"Not a step, for a thousand empires!" replied the king, drawing down his visor and unsheathing his sword, as he beheld three or four German knights spurring towards him at full career, followed by a large troop of footmen, contending with the burghers of Compiègne. "We must do our devoir as a knight as well as a king, Sir Stephen."

"Mine then as a knight!" cried Stephen of Longchamp, laying his lance in rest; and on he galloped at the foremost of the German knights, whom he hurled dead from his horse, pierced from side to side with the iron of the spear.

The German that followed, however, without, spending a blow on the French knight's casque, plunged his sword in his horse's chest, at a spot where the iron barding was wanting. Rider and horse went down at once; and the German, springing to the ground, drew a long knife from his side, and knelt upon his prostrate adversary's chest.

"Denis Mountjoy!" cried the king, galloping on to the aid of his faithful follower. "Denis Mountjoy! au secours!"; But before he could arrive, the German knight had plunged his knife through the bars of the fallen man's helmet, and Stephen Longchamp was no more. The monarch avenged him, however, if he could not save; and, as the Saxon's head was bent down, accomplishing his bloody purpose, he struck him so fierce a blow on the back of his neck, with the full sway of a vigorous and practised arm, that the hood of his mail shirt yielded at once to the blow, and the edge of the weapon drove on through the backbone.

At that moment, however, the king found himself surrounded on every side by the German foot, who hemmed him in with their short pikes. The only knight who was near him was the Count de Montigny, bearing the royal banner; and nothing was to be seen around but the fierce faces of the Saxon pikemen looking out from under their steel caps, drawing their circle closer and closer round him, and fixing their eager eyes upon the crown that he wore on the crest of his helmet--or else the forms of some German knights at a short distance, whirling about like armed phantoms, through the clouds of dust that enveloped the whole scene.

Still Philip fought with desperate valour, plunging his horse into the ranks of the pikemen, and dealing sweeping blows around with his sword, which four or five times succeeded in clearing the space immediately before him.

Well and nobly too did the Count de Montigny do his devoir, holding with one hand the royal banner, which he raised and depressed continually, to give notice to all eyes of the monarch's danger, and striking with the other on every side round Philip's person, which he thus protected for many minutes from the near approach of his enemies.

It was in vain, however, that the king and his banner-bearer displayed such feats of chivalrous valour. Closer and closer the German burgesses hemmed them in. Many of the Saxon knights became attracted by the sight of the royal banner, and were urging their horses through the melée towards the spot where the conflict was raging so fiercely, when one of the serfs crept close to the king's charger. Philip felt his horse reeling underneath him; and, in a moment, the animal fell to the ground, bearing its rider down along with it.

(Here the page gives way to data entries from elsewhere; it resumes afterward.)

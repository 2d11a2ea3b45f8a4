-- ===== src/Domain/Rules/Eligibility/Laws.antt =====
-- What the gate lets through, and which prohibition it names.
use whatsapp_bot.Prelude.{
  refl, true, false, none, some, ◌≡◌, ◌≢◌, ◌↔◌, arith, any, ◌==◌, string_eq, inl, inr, ◌⊎◌,
  Option-cases,
}
use whatsapp_bot.Domain.Enums.{ConsentStatus, ConsentPurpose, TemplateCategory, TemplateStatus}
use whatsapp_bot.Domain.Config.{BusinessConfig, BotConfig, TemplateDefinition}
use whatsapp_bot.Domain.Rules.Schedule.{is_within_quiet_hours}
use whatsapp_bot.Domain.Rules.Eligibility.{Code, SendContext, evaluate_send_eligibility}

module _ (context : SendContext) (business : BusinessConfig) (bot : BotConfig) where
  -- What a send with a template needs, as a list of requirements without an order.
  pub record MaySend (template : TemplateDefinition) : Type 0 where
    pub chosen : context.template ≡ some template
    pub not_suppressed : context.suppressed ≡ false
    pub not_opted_out : context.consent_status ≢ ConsentStatus.opted_out
    pub not_blocked : context.consent_status ≢ ConsentStatus.suppressed
    pub enabled : bot.features.campaigns_enabled ≡ true
    pub first : context.already_sent_in_campaign ≡ false
    pub approved : template.status ≡ TemplateStatus.approved
    pub opted_in : template.requires_opt_in ≡ true → context.consent_status ≡ ConsentStatus.opted_in
    pub marketing :
        template.category ≡ TemplateCategory.marketing
        → (context.consent_status ≡ ConsentStatus.opted_in)
          × ((context.consent_purpose ≡ none)
              ⊎ (context.consent_purpose ≡ some ConsentPurpose.marketing))
    pub language : any (λ l. l == template.language) business.supported_languages ≡ true
    pub awake : is_within_quiet_hours context.now business bot ≡ false

  no_template :
      context.template ≡ none → (evaluate_send_eligibility context business bot).allowed ≡ true → ⊥
  unfolding evaluate_send_eligibility
  no_template missing allowed = ground arith

  allowed-MaySend :
      (template : TemplateDefinition)
      → context.template ≡ some template
      → (evaluate_send_eligibility context business bot).allowed ≡ true
      → MaySend template
  unfolding evaluate_send_eligibility
  allowed-MaySend template chosen allowed = record {
    chosen = chosen;
    not_suppressed = ground arith;
    not_opted_out = ground arith;
    not_blocked = ground arith;
    enabled = ground arith;
    first = ground arith;
    approved = ground arith;
    opted_in = ground arith;
    marketing = ground arith;
    language = ground arith;
    awake = ground arith;
  }

  MaySend-allowed :
      (template : TemplateDefinition)
      → MaySend template
      → (evaluate_send_eligibility context business bot).allowed ≡ true
  unfolding evaluate_send_eligibility
  MaySend-allowed template may = ground (arith, may.opted_in, may.marketing)

  -- The gate allows a send exactly when some template is chosen and every requirement is met:
  -- recipient neither suppressed nor opted out, campaigns on, first send in the campaign, template
  -- approved, opt-in where the template or its category asks for it and for marketing, a supported
  -- language, and no quiet hours.
  pub evaluate_send_eligibility_iff :
      ((evaluate_send_eligibility context business bot).allowed ≡ true)
      ↔ ((template : TemplateDefinition) × MaySend template)
  evaluate_send_eligibility_iff = (
    λ allowed. elim (Option-cases context.template) [
      | inl missing ↦ absurd (no_template missing allowed)
      | inr (template, chosen) ↦ (template, allowed-MaySend template chosen allowed)
    ],
    λ (template, may). MaySend-allowed template may,
  )

opted_out_only :
    (context : SendContext) (business : BusinessConfig) (bot : BotConfig)
    → (evaluate_send_eligibility context business bot).code ≡ Code.opted_out
    → (context.suppressed ≡ false)
      × ((context.consent_status ≡ ConsentStatus.opted_out)
          ⊎ (context.consent_status ≡ ConsentStatus.suppressed))
unfolding evaluate_send_eligibility
opted_out_only context business bot c = (ground arith, ground arith)

opted_out_named :
    (context : SendContext) (business : BusinessConfig) (bot : BotConfig)
    → (context.suppressed ≡ false)
      × ((context.consent_status ≡ ConsentStatus.opted_out)
          ⊎ (context.consent_status ≡ ConsentStatus.suppressed))
    → (evaluate_send_eligibility context business bot).code ≡ Code.opted_out
unfolding evaluate_send_eligibility
opted_out_named context business bot (free, inl out) = rw (free, out) refl
opted_out_named context business bot (free, inr out) = rw (free, out) refl

-- The most absolute prohibition is the one that is named: `suppressed` is answered exactly for a
-- suppressed phone, `opted_out` exactly where the phone is not suppressed and the recorded status
-- is an opt-out or a suppression, and `ok` is the code of allowed sends and of no other.
pub evaluate_send_eligibility_order :
    (context : SendContext) (business : BusinessConfig) (bot : BotConfig)
    → (((evaluate_send_eligibility context business bot).code ≡ Code.suppressed)
        ↔ (context.suppressed ≡ true))
      × (((evaluate_send_eligibility context business bot).code ≡ Code.opted_out) ↔ (
          (context.suppressed ≡ false)
          × ((context.consent_status ≡ ConsentStatus.opted_out)
              ⊎ (context.consent_status ≡ ConsentStatus.suppressed))))
      × (((evaluate_send_eligibility context business bot).code ≡ Code.ok)
          ↔ ((evaluate_send_eligibility context business bot).allowed ≡ true))
unfolding evaluate_send_eligibility
evaluate_send_eligibility_order context business bot = (
  (λ c. ground arith, λ s. ground arith),
  (λ c. opted_out_only context business bot c, opted_out_named context business bot),
  (λ c. ground arith, λ a. ground arith),
)
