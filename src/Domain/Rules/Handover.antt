-- ===== src/Domain/Rules/Handover.antt =====
-- `should_escalate` of app/domain/rules.py, and the intents that always go to a human.
use whatsapp_bot.Prelude.{ℕ, Bool, true, ◌||◌, ltb, leb, ◌==◌, if◌then◌else◌}
use whatsapp_bot.Domain.Enums.{Intent, intent_eq}
use whatsapp_bot.Domain.Config.{BotConfig}

-- `intent in ALWAYS_ESCALATE_INTENTS`
abbrev pub always_escalates : Intent → Bool
always_escalates i =
    i == Intent.complaint || i == Intent.human_agent_request || i == Intent.refund_request

unfoldable pub should_escalate : Intent → ℕ → BotConfig → ℕ → Bool → Bool
should_escalate intent confidence bot consecutive_failures safety_flagged =
    if safety_flagged
    then true
    else if always_escalates intent
    then true
    else if leb 3 consecutive_failures
    then true
    else ltb confidence bot.thresholds.escalate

A hundred of the long, three-edged knives, with which many of the Saxons fought that day, were instantly at the King's throat, and at the bars of his helmet. One thought of Agnes--one brief prayer to Heaven, was all that seemed allowed to Philip Augustus; but that moment, the shout of "Auvergne! Auvergne!" rang upon his ear and yielded hope.

With his head bent down to his saddle-bow, receiving a thousand blows as he came, his horse all in foam and blood, his armour hacked, dented, and broken, Thibalt d'Auvergne clove the hostile press with the fierce rapidity of a falcon in its stoop. He checked his horse but by the royal banner; he sprang to the ground; dashed, weltering to the earth, the boors who were kneeling on the prostrate body of the king, and, striding over it, whirled his immense mace round his head, at every blow sending the soul of some Saxon on the cold pilgrimage of death. The burgesses reeled back; but at the same time the knights who had been advancing, hurled themselves upon the Count d'Auvergne, and heaped blow upon blow on his head.